▶ **THE TASK**
Give the number of lines in the data below that contain "System", with no other words.

======== DATASET RECORDS

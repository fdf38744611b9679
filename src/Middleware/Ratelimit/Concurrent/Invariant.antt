-- ===== src/Middleware/Ratelimit/Concurrent/Invariant.antt =====
-- The mutex, and the map of limiters under it.
use go_infrastructure.Prelude.{
  ℕ, suc, ◌≡◌, ◌≢◌, ◌<◌, refl, sym, ◌∙◌, arith, inl, inr, Bool-cases, Option, none, some, List, ℤ,
  GoString, lookup, insert, lookup-insert, eq_str, eq_str_iff, eq_str_refl, ◌⊎◌, ◌==◌,
}
use go_infrastructure.Middleware.Ratelimit.{Net}
use go_infrastructure.Middleware.Ratelimit.Concurrent.{
  update, Pc, idle, waits, locked, missed, found, free, System, Step, ticks, calls, locks, hits,
  misses, makes, unlocks, goes, Event, Asks, asks, started,
}

-- A goroutine between `Lock` and `Unlock` is the one that the mutex names.
abbrev pub Owns : Option ℕ → ℕ → Pc → Type 0
Owns mu i (locked key) = mu ≡ some i
Owns mu i (missed key) = mu ≡ some i
Owns mu i (found key a) = mu ≡ some i
Owns mu i _ = Unit {0}

-- What a goroutine has learnt of the map is still so.
abbrev pub Knows : List (GoString × ℕ) → Pc → Type 0
Knows map (missed key) = lookup key map ≡ none
Knows map (found key a) = lookup key map ≡ some a
Knows map (free key a) = lookup key map ≡ some a
Knows map _ = Unit {0}

pub record IsSafe {N : Net} (s : System N) : Type 0 where
  pub owns : (i : ℕ) → Owns s.mu i (s.pc i)
  pub knows : (i : ℕ) → Knows s.map (s.pc i)
  pub below : (k : GoString) (a : ℕ) → lookup k s.map ≡ some a → a < s.next
  pub apart : (k j : GoString) (a : ℕ) → lookup k s.map ≡ some a → lookup j s.map ≡ some a → k ≡ j

module _ {A : Type 0} (f : ℕ → A) (i : ℕ) (a : A) where
  -- A property of every place after one is updated.
  pub update-all :
      (Q : ℕ → A → Type 0) → Q i a → ((j : ℕ) → j ≢ i → Q j (f j)) → (j : ℕ) → Q j (update f i a j)
  update-all Q here there j = elim (Bool-cases (j == i)) [
    | inl e ↦ let same : j ≡ i = ground arith in rw e (rw same here)
    | inr n ↦ rw n (there j (ground arith))
  ]

-- Only the owner of the mutex cares whose it is.
Owns-other : (mu mu' : Option ℕ) (j : ℕ) (p : Pc) → mu ≢ some j → Owns mu j p → Owns mu' j p
Owns-other mu mu' j idle n h = tt
Owns-other mu mu' j (waits key) n h = tt
Owns-other mu mu' j (locked key) n h = absurd (n h)
Owns-other mu mu' j (missed key) n h = absurd (n h)
Owns-other mu mu' j (found key a) n h = absurd (n h)
Owns-other mu mu' j (free key a) n h = tt

-- A new entry of the map leaves what the goroutines that do not own the mutex know.
Knows-other :
    (map : List (GoString × ℕ)) (mu : Option ℕ) (key : GoString) (a j : ℕ) (p : Pc)
    → lookup key map ≡ none
    → mu ≢ some j
    → Owns mu j p
    → Knows map p
    → Knows (insert key a map) p
Knows-other map mu key a j idle e n h k = tt
Knows-other map mu key a j (waits key') e n h k = tt
Knows-other map mu key a j (locked key') e n h k = tt
Knows-other map mu key a j (missed key') e n h k = absurd (n h)
Knows-other map mu key a j (found key' b) e n h k = absurd (n h)
Knows-other map mu key a j (free key' b) e n h k =
    ground (arith, lookup-insert key key' a map, eq_str_iff key key')

-- An entry of a map with one more entry is the new one or an old one.
entry_of :
    (map : List (GoString × ℕ)) (key k : GoString) (b a : ℕ)
    → lookup k (insert key b map) ≡ some a
    → ((k ≡ key) × (a ≡ b)) ⊎ (lookup k map ≡ some a)
entry_of map key k b a h = elim (Bool-cases (eq_str key k)) [
  | inl e ↦
      let new : some b ≡ some a = ground (arith, lookup-insert key k b map) in
      inl (sym ((eq_str_iff key k).0 e), cc)
  | inr e ↦ inr (ground (arith, lookup-insert key k b map))
]

module _ {N : Net} (rps burst : ℤ) {s : System N} (safe : IsSafe s) (i : ℕ) where
  Owns-now : (p : Pc) → s.pc i ≡ p → Owns s.mu i p
  Owns-now p e = rw e at (safe.owns i)

  pub Knows-now : (p : Pc) → s.pc i ≡ p → Knows s.map p
  Knows-now p e = rw e at (safe.knows i)

  -- Another goroutine is not the owner where this one is.
  not_other : (j : ℕ) → s.mu ≡ some i → j ≢ i → s.mu ≢ some j
  not_other j e n h = ground arith

  -- A step that moves the goroutine alone.
  goes-IsSafe : (p : Pc) → Owns s.mu i p → Knows s.map p → IsSafe (goes N rps burst s i p)
  goes-IsSafe p o k = record {
    owns = update-all s.pc i p (λ j q. Owns s.mu j q) o (λ j n. safe.owns j);
    knows = update-all s.pc i p (λ j q. Knows s.map q) k (λ j n. safe.knows j);
    below = safe.below;
    apart = safe.apart;
  }

  locks-IsSafe :
      (key : GoString)
      → s.mu ≡ none
      → IsSafe (record s { mu = some i; pc = update s.pc i (locked key) })
  locks-IsSafe key e = record {
    owns =
        update-all s.pc i (locked key) (λ j q. Owns (some i) j q) refl
          (λ j n. Owns-other s.mu (some i) j (s.pc j) (λ h. ground arith) (safe.owns j));
    knows = update-all s.pc i (locked key) (λ j q. Knows s.map q) tt (λ j n. safe.knows j);
    below = safe.below;
    apart = safe.apart;
  }

  unlocks-IsSafe :
      (key : GoString) (a : ℕ)
      → s.pc i ≡ found key a
      → IsSafe (record s { mu = none; pc = update s.pc i (free key a) })
  unlocks-IsSafe key a e = record {
    owns =
        update-all s.pc i (free key a) (λ j q. Owns none j q) tt
          (λ j n.
            Owns-other s.mu none j (s.pc j) (not_other j (Owns-now (found key a) e) n)
              (safe.owns j));
    knows =
        update-all s.pc i (free key a) (λ j q. Knows s.map q) (Knows-now (found key a) e)
          (λ j n. safe.knows j);
    below = safe.below;
    apart = safe.apart;
  }

  below_new :
      (key k : GoString) (a : ℕ) → lookup k (insert key s.next s.map) ≡ some a → a < suc s.next
  below_new key k a h = elim (entry_of s.map key k s.next a h) [
    | inl (e, new) ↦ omega arith
    | inr old ↦ omega (arith, safe.below k a old)
  ]

  apart_new :
      (key k j : GoString) (a : ℕ)
      → lookup k (insert key s.next s.map) ≡ some a
      → lookup j (insert key s.next s.map) ≡ some a
      → k ≡ j
  apart_new key k j a h h' = elim (entry_of s.map key k s.next a h) [
    | inl (e, new) ↦ elim (entry_of s.map key j s.next a h') [
      | inl (e', new') ↦ e ∙ sym e'
      | inr old' ↦ absurd (omega (arith, safe.below j a old'))
    ]
    | inr old ↦ elim (entry_of s.map key j s.next a h') [
      | inl (e', new') ↦ absurd (omega (arith, safe.below k a old))
      | inr old' ↦ safe.apart k j a old old'
    ]
  ]

  makes-IsSafe :
      (key : GoString)
      → s.pc i ≡ missed key
      → IsSafe (record s {
        heap = update s.heap s.next (N.new_limiter rps burst);
        next = suc s.next;
        map = insert key s.next s.map;
        pc = update s.pc i (found key s.next);
      })
  makes-IsSafe key e =
      let mine = Owns-now (missed key) e in
      record {
        owns =
            update-all s.pc i (found key s.next) (λ j q. Owns s.mu j q) mine (λ j n. safe.owns j);
        knows =
            update-all s.pc i (found key s.next) (λ j q. Knows (insert key s.next s.map) q)
              (ground (arith, lookup-insert key key s.next s.map, eq_str_refl key))
              (λ j n.
                Knows-other s.map s.mu key s.next j (s.pc j) (Knows-now (missed key) e)
                  (not_other j mine n) (safe.owns j) (safe.knows j));
        below = below_new key;
        apart = apart_new key;
      }

  asks-IsSafe : (heap : ℕ → N.Limiter) → IsSafe (record s { heap = heap; pc = update s.pc i idle })
  asks-IsSafe heap = record {
    owns = update-all s.pc i idle (λ j q. Owns s.mu j q) tt (λ j n. safe.owns j);
    knows = update-all s.pc i idle (λ j q. Knows s.map q) tt (λ j n. safe.knows j);
    below = safe.below;
    apart = safe.apart;
  }

-- Every step keeps the bucket safe.
pub Step-IsSafe :
    {N : Net} (rps burst : ℤ) (s u : System N) → IsSafe s → Step N rps burst s u → IsSafe u
Step-IsSafe rps burst s u safe (ticks d) = record {
  owns = safe.owns;
  knows = safe.knows;
  below = safe.below;
  apart = safe.apart;
}
Step-IsSafe rps burst s u safe (calls i key e) = goes-IsSafe rps burst safe i (waits key) tt tt
Step-IsSafe rps burst s u safe (locks i key e n) = locks-IsSafe rps burst safe i key n
Step-IsSafe rps burst s u safe (hits i key a e h) =
    goes-IsSafe rps burst safe i (found key a) (Owns-now rps burst safe i (locked key) e) h
Step-IsSafe rps burst s u safe (misses i key e h) =
    goes-IsSafe rps burst safe i (missed key) (Owns-now rps burst safe i (locked key) e) h
Step-IsSafe rps burst s u safe (makes i key e) = makes-IsSafe rps burst safe i key e
Step-IsSafe rps burst s u safe (unlocks i key a e) = unlocks-IsSafe rps burst safe i key a e

pub Asks-IsSafe :
    {N : Net} (rps burst : ℤ) (s u : System N) (e : Event)
    → IsSafe s
    → Asks N rps burst s e u
    → IsSafe u
Asks-IsSafe rps burst s u e safe (asks i key a p) = asks-IsSafe rps burst safe i _

pub started-IsSafe : (N : Net) (rps burst : ℤ) (t : ℕ) → IsSafe (started N rps burst t)
unfolding lookup
started-IsSafe N rps burst t = record {
  owns = λ i. tt;
  knows = λ i. tt;
  below = λ k a h. cc;
  apart = λ k j a h h'. cc;
}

================

▶ **SOLUTION**
5